Through a series of emails, it is agreed that Ted will be placed in the same dorm as Erica, making it as easy as possible to spy on her. On his first day, he briefly encounters Erica leaving the bathroom. Slowly, they get to know each other as they deal with their problems. Ted connects with Erica in many ways, including when she woke up in Ted's roommate's bed having a hangover. Ted attends local AA meetings, and Erika talks with her therapist over Yahoo Chess.

As the book progresses, Erica and Ted confess their feelings for one another, and they spend the night in Ted's dorm room. Ted realizes he does not want to spy on Erica any longer, and so he calls Michael and quits. Following this, he takes some of his roommate's alcohol, drinking until Erica wakes up and he tells her. Erica gets angry and leaves for the city, contacting Doctor Rudas and asking to go into rehab to deal with her problem of bulimia. Back at college, Ted realizes his mistake.

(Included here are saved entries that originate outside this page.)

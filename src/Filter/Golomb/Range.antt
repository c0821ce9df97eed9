-- ===== src/Filter/Golomb/Range.antt =====
-- util/bip158.rs: the map from hashes to a range.
use native.Mathlib.Nat.{div-div-eq-div-mul, add-mul-div_left}
use chaintopeslashrust_tapyr.Common.{
  ℕ, ◌+◌, ◌-◌, ◌*◌, ◌/◌, ◌%◌, ◌^◌, ◌<◌, ◌≤◌, ◌≡◌, sym, ap, ◌∙◌, arith, lt→ltb,
}
use chaintopeslashrust_tapyr.Outcome.{ok}
use chaintopeslashrust_tapyr.Filter.Golomb.{map_to_range}

-- In two halves, `a * 2 ^ 32 + b` times `c * 2 ^ 32 + d`.
halves :
    (a b c d : ℕ)
    → (a * 2 ^ 32 + b) * (c * 2 ^ 32 + d) / 2 ^ 64
      ≡ a * c + (a * d + c * b + b * d / 2 ^ 32) / 2 ^ 32
halves a b c d =
    let h : ℕ = 2 ^ 32 in
    let middle : ℕ = a * d + c * b in
    let whole : (a * h + b) * (c * h + d) ≡ b * d + h * (middle + h * (a * c)) = grind arith in
    ap (λ n. n / 2 ^ 64) whole
    ∙ sym (div-div-eq-div-mul (b * d + h * (middle + h * (a * c))) h h)
    ∙ ap (λ n. n / h) (add-mul-div_left (b * d) (middle + h * (a * c)) {y = h} (omega arith))
    ∙ ap (λ n. n / h) (omega arith)
    ∙ add-mul-div_left (middle + b * d / h) (a * c) {y = h} (omega arith)
    ∙ omega arith

mul_le : (x y m n : ℕ) → x ≤ m → y ≤ n → x * y ≤ m * n
mul_le x y m n p q = grind arith

-- Up to 2 ^ 33 values no sum overflows, and the hash is scaled to the range.
pub map_to_range_exact :
    (hash nm : ℕ)
    → hash < 2 ^ 64
    → nm < 2 ^ 33
    → (map_to_range hash nm ≡ ok (hash * nm / 2 ^ 64)) × (hash * nm / 2 ^ 64 ≤ nm)
unfolding map_to_range
map_to_range_exact hash nm hashed small =
    let a : ℕ = hash / 2 ^ 32 in
    let b : ℕ = hash % 2 ^ 32 in
    let c : ℕ = nm / 2 ^ 32 in
    let d : ℕ = nm % 2 ^ 32 in
    let ha : a ≤ 2 ^ 32 - 1 = omega arith in
    let hb : b ≤ 2 ^ 32 - 1 = omega arith in
    let hc : c ≤ 1 = omega arith in
    let hd : d ≤ 2 ^ 32 - 1 = omega arith in
    let most : ℕ = 2 ^ 32 - 1 in
    let ac : a * c ≤ most * 1 = mul_le a c most 1 ha hc in
    let ad : a * d ≤ most * most = mul_le a d most most ha hd in
    let cb : c * b ≤ 1 * most = mul_le c b 1 most hc hb in
    let bd : b * d ≤ most * most = mul_le b d most most hb hd in
    let all : ℕ = a * d + c * b + b * d / 2 ^ 32 in
    let low : hash ≡ a * 2 ^ 32 + b = omega arith in
    let low_range : nm ≡ c * 2 ^ 32 + d = omega arith in
    let scaled : hash * nm / 2 ^ 64 ≡ a * c + all / 2 ^ 32 =
      ap (λ (x : ℕ). x * nm / 2 ^ 64) low
      ∙ ap (λ (x : ℕ). (a * 2 ^ 32 + b) * x / 2 ^ 64) low_range
      ∙ halves a b c d in
    (
      rw
          (
            lt→ltb (a * c) (2 ^ 64) (omega arith),
            lt→ltb (a * d) (2 ^ 64) (omega arith),
            lt→ltb (c * b) (2 ^ 64) (omega arith),
            lt→ltb (b * d) (2 ^ 64) (omega arith),
            lt→ltb (a * d + c * b) (2 ^ 64) (omega arith),
            lt→ltb all (2 ^ 64) (omega arith),
            lt→ltb (a * c + all / 2 ^ 32) (2 ^ 64) (omega arith),
          )
          (ap ok (sym scaled)),
      omega (arith, mul_le hash nm (2 ^ 64) nm (omega arith) (omega arith)),
    )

This mistake angers Michael, and in the car, driving with him, he pulls a gun on Ted. With no other choice and options, Ted crashes the car into a tree and the story ends concludes at this point. The severity of the control of Michael and Erica's father is shown completely in this scene.

This novel contains romance, alcohol and bulimia struggles, with a very college-like scene. Though the dramatic influences and struggles and scenes, it is at a typical late middle schooler's reading level though recommended for high school students so that they may wholly understand it. The novel is also a great example of these illnesses, and can be read at basically any level above late middle school for more examples of the illnesses or just for a nice book written the flowing words of the author.

==Characters==
- Ted York, the protagonist of ‘’Love Sick,’’ is a former alcoholic and star basketball player. At the end of his senior year, he gets in a drunk driving collision and busts his knee, making him unable to play basketball. He is described as “Dennis Quaid gorgeous,” and has “nervous, Granny Smith eyes.”
- Erica Prakers, the daughter of a rich banker, is bulimic, and has curly black hair. A college girl with money and people watching her everywhere she goes. Before the book begins, on July Fourth, she collapses due to lack of electrolytes. After this, her father makes her go to therapists sessions to help her problem.
- Michael Eslem, the employer of the protagonist, is described as a “wiry, olive skinned man with a jagged widow’s peak.” His parents were both killed when he was three because of a car bomb in Istanbul, so he was raised by “Brit classics scholar.” He is also a former spy.
- Doctor Rudas is Erica's therapist, and is a middle aged man with “swollen ankles.” Throughout the novel, Doctor Rudas talks with Erica about her problems with bulimia and her life at college in a private, online “YAHOO CHESS table.” They use the chess table as it is completely private from her father and he is unable to access the chats.
- Charles Prakers, Erica's father, a rich banker who hires the protagonist to spy on his daughter at their college. He is described by Erica as having a “spherical gut,” which she refers to as “Brother-to-Be.” The analysts at his company call him “Prakes,” his old nickname from college. He has brown eyes.
- James, the roommate of the protagonist at their fictional college, is described as “short” and a party boy. In their dorm room, he has several shelves of alcohol.

==Reception==
The School Library Journal said Love Sick is a "fast-paced narrative." Also, they add, “Love Sick will keep readers rooting for these teens.”

Booklist praised the author's characterization. “Coburn manages to imbue Ted and his spoiled-rich-kid characters with a surprising humanity. The dialogue is gritty and realistic, and Coburn’s writing skill is evident in his almost sensual descriptions of Erica’s binging rituals.” Additionally, the reviewer added, Michael's “breezy, cheesy, e-mails provide comic relief.”

==Bibliography==
Coburn, Jake. (2005). Love Sick. New York: Dutton Juvenile.